# GT: Dallas Mavericks @ Golden State Warriors: Round 1 - Game 5



## PininFarina (Apr 23, 2007)

We have comments all over the place - we need a game thread...

I am tempted to not even watch tonight, but we must stick together and bring this one back home for a game 7!

Anyone going to the game tonight? If you are cheer on dirk and get the confidence going. Mavs need it all today!

On a side note, I think Avery should bring Kevin willis in to rough up people in the paint. If they want to attack so much come right in. I want to see hard fouls tonight, play there hearts out. Warriors play rough, we should too!


----------



## PininFarina (Apr 23, 2007)

go Mavs!!!!!


----------



## shoop da whoop (Jul 6, 2006)

Let's make this look as painless as possible~


----------



## PininFarina (Apr 23, 2007)

To prove my point about the Warriors playing ROUGH...










Err, shouldn't that be a foul?

And I am not blaming the refs at all. I blame Avery before anyone else.


----------



## Saint Baller (May 3, 2006)

Dirk needs to attack the ****ing basket, annhilate, show them why he's the mother ****ing MVP!


----------



## shoop da whoop (Jul 6, 2006)

Saint Baller said:


> Dirk needs to attack the ****ing basket, annhilate, show them why he's the mother ****ing MVP!


Screw Dirk, we need a team effort, I would rather play a team game where Josh/Jet/Dirk both go for 20 then Dirk scoring 60 and the rest of the team playing like ****.


----------



## VeN (May 10, 2005)

76767 said:


> Screw Dirk, we need a team effort, I would rather play a team game where Josh/Jet/Dirk both go for 20 then Dirk scoring 60 and the rest of the team playing like ****.

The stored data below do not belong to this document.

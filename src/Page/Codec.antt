-- ===== src/Page/Codec.antt =====
-- src/page/codec.rs: a page as 4096 bytes. The checksum is that of the crate crc32_light, a parameter.
pub mod Slots
pub mod Write
pub mod Read
pub mod Sound
pub mod Accept
use rust_db.Common.{ℕ, ◌+◌, ◌<◌, ◌^◌, ◌++◌, take, drop}
use rust_db.Types.{Bytes}
use rust_db.Layout.{checksum_offset}

-- `Crc32Stream`: the checksum of the bytes that it was updated with, a `u32`.
pub record Crc32 : Type 0 where
  pub crc : Bytes → ℕ
  pub crc_bound : (bs : Bytes) → crc bs < 2 ^ 32

-- `Page::page_checksum`: all bytes but those of the checksum.
unfoldable pub page_checksum : ⦃c : Crc32⦄ → Bytes → ℕ
page_checksum ⦃c⦄ raw_page =
    c.crc (take checksum_offset raw_page ++ drop (checksum_offset + 4) raw_page)
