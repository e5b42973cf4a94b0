-- ===== src/Common/Search.antt =====
-- `slice::binary_search_by`: the halving loop of the standard library over a comparison that may
-- panic, and a left-to-right scan that it agrees with on a slice which the comparison partitions.
use rust_db.Common.{
  ℕ, zero, suc, ◌+◌, ◌-◌, ◌/◌, ◌≤◌, ◌<◌, ◌≡◌, ◌≢◌, ◌⊎◌, inl, inr, refl, ap, Ordering, lt, eq, gt,
  leb, if◌then◌else◌, List, [], ◌∷◌, get_elem?, length, All, Outcome, ok, panic, ◌>>=◌, none, some,
  subst, sym, Bool-cases, arith,
}

-- `Result<usize, usize>`: the index of a match, or the index where one could be inserted.
pub data Position : Type 0 where
  found : ℕ → Position
  absent : ℕ → Position

-- What the comparison with the last candidate says.
abbrev verdict : ℕ → Ordering → Position
verdict base eq = found base
verdict base lt = absent (base + 1)
verdict base gt = absent base

-- `base = if cmp == Greater { base } else { mid }`.
abbrev advance : Ordering → ℕ → ℕ → ℕ
advance gt base mid = base
advance lt base mid = mid
advance eq base mid = mid

abbrev pub shift : Position → Position
shift (found i) = found (suc i)
shift (absent i) = absent (suc i)

module _ {E A : Type 0} where
  -- `f(&self[i])`.
  abbrev probe : (A → Outcome E Ordering) → List A → ℕ → Outcome E Ordering
  probe f xs i = elim (get_elem? xs i) [ none ↦ panic | some x ↦ f x ]

  -- `while size > 1 { .. }`, one round for each unit of fuel; no fuel left is a panic.
  halve : (A → Outcome E Ordering) → List A → ℕ → ℕ → ℕ → Outcome E ℕ
  halve f xs zero base size = panic
  halve f xs (suc fuel) base size =
      let mid = base + size / 2 in
      let more = probe f xs mid >>= λ c. halve f xs fuel (advance c base mid) (size - size / 2) in
      if leb size 1 then ok base else more

  unfoldable pub binary_search_by : (A → Outcome E Ordering) → List A → Outcome E Position
  unfolding halve
  binary_search_by f [] = ok (absent 0)
  binary_search_by f (x ∷ xs) = do
    let n = length (x ∷ xs)
    base ← halve f (x ∷ xs) n 0 n
    c ← probe f (x ∷ xs) base
    ok (verdict base c)

module _ {A : Type 0} where
  -- The first element that is not below.
  unfoldable pub scan : (A → Ordering) → List A → Position
  scan g [] = absent 0
  scan g (x ∷ xs) = elim (g x) [ lt ↦ shift (scan g xs) | eq ↦ found 0 | gt ↦ absent 0 ]

  -- Below first, then at most one match, then above.
  abbrev pub IsPartitioned : (A → Ordering) → List A → Type 0
  IsPartitioned g [] = Unit
  IsPartitioned g (x ∷ xs) = ((g x ≡ lt) ⊎ All (λ y. g y ≡ gt) xs) × IsPartitioned g xs

  -- How the element at an index compares; past the end all is above.
  abbrev side : (A → Ordering) → List A → ℕ → Ordering
  side g [] i = gt
  side g (x ∷ xs) zero = g x
  side g (x ∷ xs) (suc i) = side g xs i

  module _ (g : A → Ordering) where
    side_above : (xs : List A) (i : ℕ) → All (λ y. g y ≡ gt) xs → side g xs i ≡ gt
    side_above [] i h = refl
    side_above (x ∷ xs) zero h = h.0
    side_above (x ∷ xs) (suc i) h = side_above xs i h.1

    side_end : (xs : List A) (i : ℕ) → length xs ≤ i → side g xs i ≡ gt
    side_end [] i h = refl
    side_end (x ∷ xs) zero h = elim h [ ]
    side_end (x ∷ xs) (suc i) h = side_end xs i (omega arith)

    side_stays_above :
        (xs : List A) (i j : ℕ) → IsPartitioned g xs → side g xs i ≡ gt → i ≤ j → side g xs j ≡ gt
    side_stays_above [] i j m e h = refl
    side_stays_above (x ∷ xs) zero zero m e h = e
    side_stays_above (x ∷ xs) zero (suc j) m e h = ground (arith, side_above xs j)
    side_stays_above (x ∷ xs) (suc i) zero m e h = elim h [ ]
    side_stays_above (x ∷ xs) (suc i) (suc j) m e h = side_stays_above xs i j m.1 e (omega arith)

    scan_found : (xs : List A) (i : ℕ) → IsPartitioned g xs → side g xs i ≡ eq → scan g xs ≡ found i
    unfolding scan
    scan_found [] i m e = cc
    scan_found (x ∷ xs) zero m e = rw (e, scan)
    scan_found (x ∷ xs) (suc i) m e = ground (arith, scan_found xs i m.1, side_above xs i)

    scan_absent_zero : (xs : List A) → side g xs 0 ≡ gt → scan g xs ≡ absent 0
    unfolding scan
    scan_absent_zero [] e = refl
    scan_absent_zero (x ∷ xs) e = rw (e, scan)

    scan_absent_suc :
        (xs : List A) (i : ℕ)
        → IsPartitioned g xs
        → side g xs i ≡ lt
        → side g xs (suc i) ≡ gt
        → scan g xs ≡ absent (suc i)
    unfolding scan
    scan_absent_suc [] i m e k = cc
    scan_absent_suc (x ∷ xs) zero m e k = rw (e, scan) (ap shift (scan_absent_zero xs k))
    scan_absent_suc (x ∷ xs) (suc i) m e k =
        ground (arith, scan_absent_suc xs i m.1, side_above xs i)

module _ {E A : Type 0} (f : A → Outcome E Ordering) (g : A → Ordering) where
  -- On these elements the comparison returns.
  abbrev pub Returns : List A → Type 0
  Returns xs = All (λ x. f x ≡ ok (g x)) xs

  probe-Returns :
      (xs : List A) (i : ℕ) → Returns xs → i < length xs → probe f xs i ≡ ok (side g xs i)
  probe-Returns [] i h b = elim b [ ]
  probe-Returns (x ∷ xs) zero h b = h.0
  probe-Returns (x ∷ xs) (suc i) h b = probe-Returns xs i h.1 (omega arith)

  -- What the loop has established about the range it is left with.
  abbrev Narrowed : List A → ℕ → ℕ → Type 0
  Narrowed xs base size =
      (base + size ≤ length xs)
      × ((base ≡ 0) ⊎ (side g xs base ≢ gt))
      × (side g xs (base + size) ≡ gt)

  advance_narrows :
      (xs : List A) (base size : ℕ) (c : Ordering)
      → side g xs (base + size / 2) ≡ c
      → 1 < size
      → IsPartitioned g xs
      → Narrowed xs base size
      → Narrowed xs (advance c base (base + size / 2)) (size - size / 2)
  advance_narrows xs base size lt e h m n =
      let p : base + size / 2 + (size - size / 2) ≡ base + size = omega arith in
      (omega arith, inr (λ k. cc), rw p n.2)
  advance_narrows xs base size eq e h m n =
      let p : base + size / 2 + (size - size / 2) ≡ base + size = omega arith in
      (omega arith, inr (λ k. cc), rw p n.2)
  advance_narrows xs base size gt e h m n =
      (omega arith, n.1, side_stays_above g xs _ _ m e (omega arith))

  halve-Returns :
      (xs : List A) (fuel base size : ℕ)
      → Returns xs
      → IsPartitioned g xs
      → size ≤ fuel
      → 1 ≤ size
      → Narrowed xs base size
      → (b : ℕ) × (halve f xs fuel base size ≡ ok b) × Narrowed xs b 1
  unfolding halve
  halve-Returns xs zero base size r p hf hs n = absurd (omega arith)
  halve-Returns xs (suc fuel) base size r p hf hs n = elim (Bool-cases (leb size 1)) [
    | inl small ↦
        let one : size ≡ 1 = ground arith in (base, rw small, subst (λ k. Narrowed xs base k) one n)
    | inr large ↦
        let more : 1 < size = ground arith in
        let mid = base + size / 2 in
        let c = side g xs mid in
        let (b, e, m) =
          halve-Returns xs fuel (advance c base mid) (size - size / 2) r p (omega arith)
            (omega arith) (advance_narrows xs base size c refl more p n) in
        (b, rw (large, probe-Returns xs mid r (omega arith)) e, m)
  ]

  settle :
      (xs : List A) (b : ℕ) (c : Ordering)
      → side g xs b ≡ c
      → IsPartitioned g xs
      → Narrowed xs b 1
      → verdict b c ≡ scan g xs
  settle xs b eq e m n = sym (scan_found g xs b m e)
  settle xs b lt e m n =
      let next : b + 1 ≡ suc b = omega arith in
      rw next (sym (scan_absent_suc g xs b m e (rw next at n.2)))
  settle xs b gt e m (inside, inl zeroth, above) =
      rw zeroth (sym (scan_absent_zero g xs (rw zeroth at e)))
  settle xs b gt e m (inside, inr within, above) = absurd (within e)

  pub binary_search_by-scan :
      (xs : List A) → Returns xs → IsPartitioned g xs → binary_search_by f xs ≡ ok (scan g xs)
  unfolding binary_search_by
  binary_search_by-scan [] r m = unfold scan in refl
  binary_search_by-scan (x ∷ xs) r m =
      let l = x ∷ xs in
      let n = suc (length xs) in
      let (b, e, k) =
        halve-Returns l n 0 n r m (omega arith) (omega arith)
          (omega arith, inl refl, side_end g l (0 + n) (omega arith)) in
      rw (e, probe-Returns l b r (omega arith)) (ap ok (settle l b (side g l b) refl m k))
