-- ===== src/Common/Sorted.antt =====
-- Lists in strictly ascending order of a key: what insertion, removal and search at a scanned
-- position do to them, and to the finite map that they stand for.
pub mod Update
pub mod Route
pub mod LowerBound
use rust_db.Common.{
  ℕ, zero, suc, ◌≡◌, ◌⊎◌, inl, inr, refl, Ordering, lt, eq, gt, List, [], ◌∷◌, get_elem?, All,
  Option, none, some, subst, arith,
}
use rust_db.Common.Order.{Ord, ◌≺◌}
use rust_db.Common.Search.{Position, found, absent, shift, scan, IsPartitioned}

module _ {K A : Type 0} ⦃o : Ord K⦄ (key : A → K) where
  abbrev pub IsAscending : List A → Type 0
  IsAscending [] = Unit
  IsAscending (x ∷ xs) = All (λ y. key x ≺ key y) xs × IsAscending xs

  -- The comparison that a search for `k` makes.
  abbrev pub against : K → A → Ordering
  against k x = o.cmp (key x) k

  -- The list as a finite map.
  unfoldable pub find : K → List A → Option A
  find k [] = none
  find k (x ∷ xs) = elim (o.cmp (key x) k) [ eq ↦ some x | _ ↦ find k xs ]

  abbrev pub pick : Position → List A → Option A
  pick (found i) xs = get_elem? xs i
  pick (absent i) xs = none

  beyond :
      (k j : K) (xs : List A)
      → o.cmp j k ≡ gt
      → All (λ y. j ≺ key y) xs
      → All (λ y. against k y ≡ gt) xs
  beyond k j [] h a = tt
  beyond k j (x ∷ xs) h a =
      (o.cmp_lt _ _ (o.cmp_trans k j (key x) (o.cmp_gt _ _ h) a.0), beyond k j xs h a.1)

  beyond_eq :
      (k j : K) (xs : List A) → j ≡ k → All (λ y. j ≺ key y) xs → All (λ y. against k y ≡ gt) xs
  beyond_eq k j [] h a = tt
  beyond_eq k j (x ∷ xs) h a = (o.cmp_lt _ _ (subst (λ i. i ≺ key x) h a.0), beyond_eq k j xs h a.1)

  pub against-IsPartitioned : (k : K) (xs : List A) → IsAscending xs → IsPartitioned (against k) xs
  against-IsPartitioned k [] a = tt
  against-IsPartitioned k (x ∷ xs) a = (head (against k x) refl, against-IsPartitioned k xs a.1)
    where
      head : (c : Ordering) → against k x ≡ c → (against k x ≡ lt) ⊎ All (λ y. against k y ≡ gt) xs
      head lt e = inl e
      head eq e = inr (beyond_eq k (key x) xs (o.cmp_eq _ _ e) a.0)
      head gt e = inr (beyond k (key x) xs e a.0)

  find_above : (k : K) (xs : List A) → All (λ y. against k y ≡ gt) xs → find k xs ≡ none
  unfolding find
  find_above k [] h = refl
  find_above k (x ∷ xs) h = rw (h.0, find) (find_above k xs h.1)

  pick-shift : (x : A) (xs : List A) (p : Position) → pick (shift p) (x ∷ xs) ≡ pick p xs
  pick-shift x xs (found i) = refl
  pick-shift x xs (absent i) = refl

  -- What the scan finds is what the map holds.
  pub find-scan : (k : K) (xs : List A) → IsAscending xs → find k xs ≡ pick (scan (against k) xs) xs
  unfolding find scan
  find-scan k [] a = refl
  find-scan k (x ∷ xs) a = go (against k x) refl (find-scan k xs a.1)
    where
      go :
          (c : Ordering)
          → against k x ≡ c
          → find k xs ≡ pick (scan (against k) xs) xs
          → find k (x ∷ xs) ≡ pick (scan (against k) (x ∷ xs)) (x ∷ xs)
      go lt e ih = rw (e, find, scan, pick-shift) ih
      go eq e ih = rw (e, find, scan)
      go gt e ih = rw (e, find, scan) (find_above k xs (beyond k (key x) xs e a.0))

  pub find_key : (k : K) (xs : List A) (x : A) → find k xs ≡ some x → key x ≡ k
  unfolding find
  find_key k [] x e = cc
  find_key k (y ∷ xs) x e = ground (arith, find_key k xs x, o.cmp_eq (key y) k)

  -- A scan that finds, or does not find, ends at an index of the list.
  pub scan_bound :
      (k : K) (xs : List A) (i : ℕ)
      → scan (against k) xs ≡ found i
      → (x : A) × (get_elem? xs i ≡ some x)
  unfolding scan
  scan_bound k [] i e = cc
  scan_bound k (x ∷ xs) zero e = (x, refl)
  scan_bound k (x ∷ xs) (suc i) e = scan_bound k xs i (ground arith)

a team effort isnt going to win the game. watch the first 3 minutes. if dirk comes out pensive we lose, plain and simple. hes letting smaller guys push him around.


----------



## Jet (Jul 1, 2005)

I am sooo superstitious about this. I had Dirk as my wallpaper for the first 4 games, and obviously he didnt play well, so I changed it. I changed my screen saver, which had nothing to do with the Mavs, but now it does, I downloaded a Mavs update program thingy, and I changed my MSN display pic. Wow, I didnt realize I did all of that, but the Mavs had better win.... OK I even checked the horoscopes and averaged the Mavs days our compared to the Warriors days... The Mavs are supposive to a better day. So the stars are in favor of the Mavs.. If thats not true Maverick obsession.. idk what is. lol


----------



## shoop da whoop (Jul 6, 2006)

Jet said:


> I am sooo superstitious about this. I had Dirk as my wallpaper for the first 4 games, and obviously he didnt play well, so I changed it. I changed my screen saver, which had nothing to do with the Mavs, but now it does, I downloaded a Mavs update program thingy, and I changed my MSN display pic. Wow, I didnt realize I did all of that, but the Mavs had better win.... OK I even checked the horoscopes and averaged the Mavs days our compared to the Warriors days... The Mavs are supposive to a better day. So the stars are in favor of the Mavs.. If thats not true Maverick obsession.. idk what is. lol


yea... And I'll change my Nas wall paper to A dallas Mavericks one. =o


----------



## Saint Baller (May 3, 2006)

Keys to the game, I posted in the playoffs forum

Keys for the Mavs

- Not allow the Warriors to get on a run
- Not allow the Warriors to gain any kind of momentum
- Attack the basket relentlessly
- Get Dirk the ball as much as possible (they haven't looked for him in this series)
- Keep our heads in the game, and not in our asses
- Guard the perimeter


And I forgot the most important one of all

*- CLOSE QUARTERS OUT STRONG!*


----------



## VeN (May 10, 2005)

well choke my chicken, they got heart after all..


----------



## hroz (Mar 4, 2006)

Mavs are now officially in do or die territory in this series.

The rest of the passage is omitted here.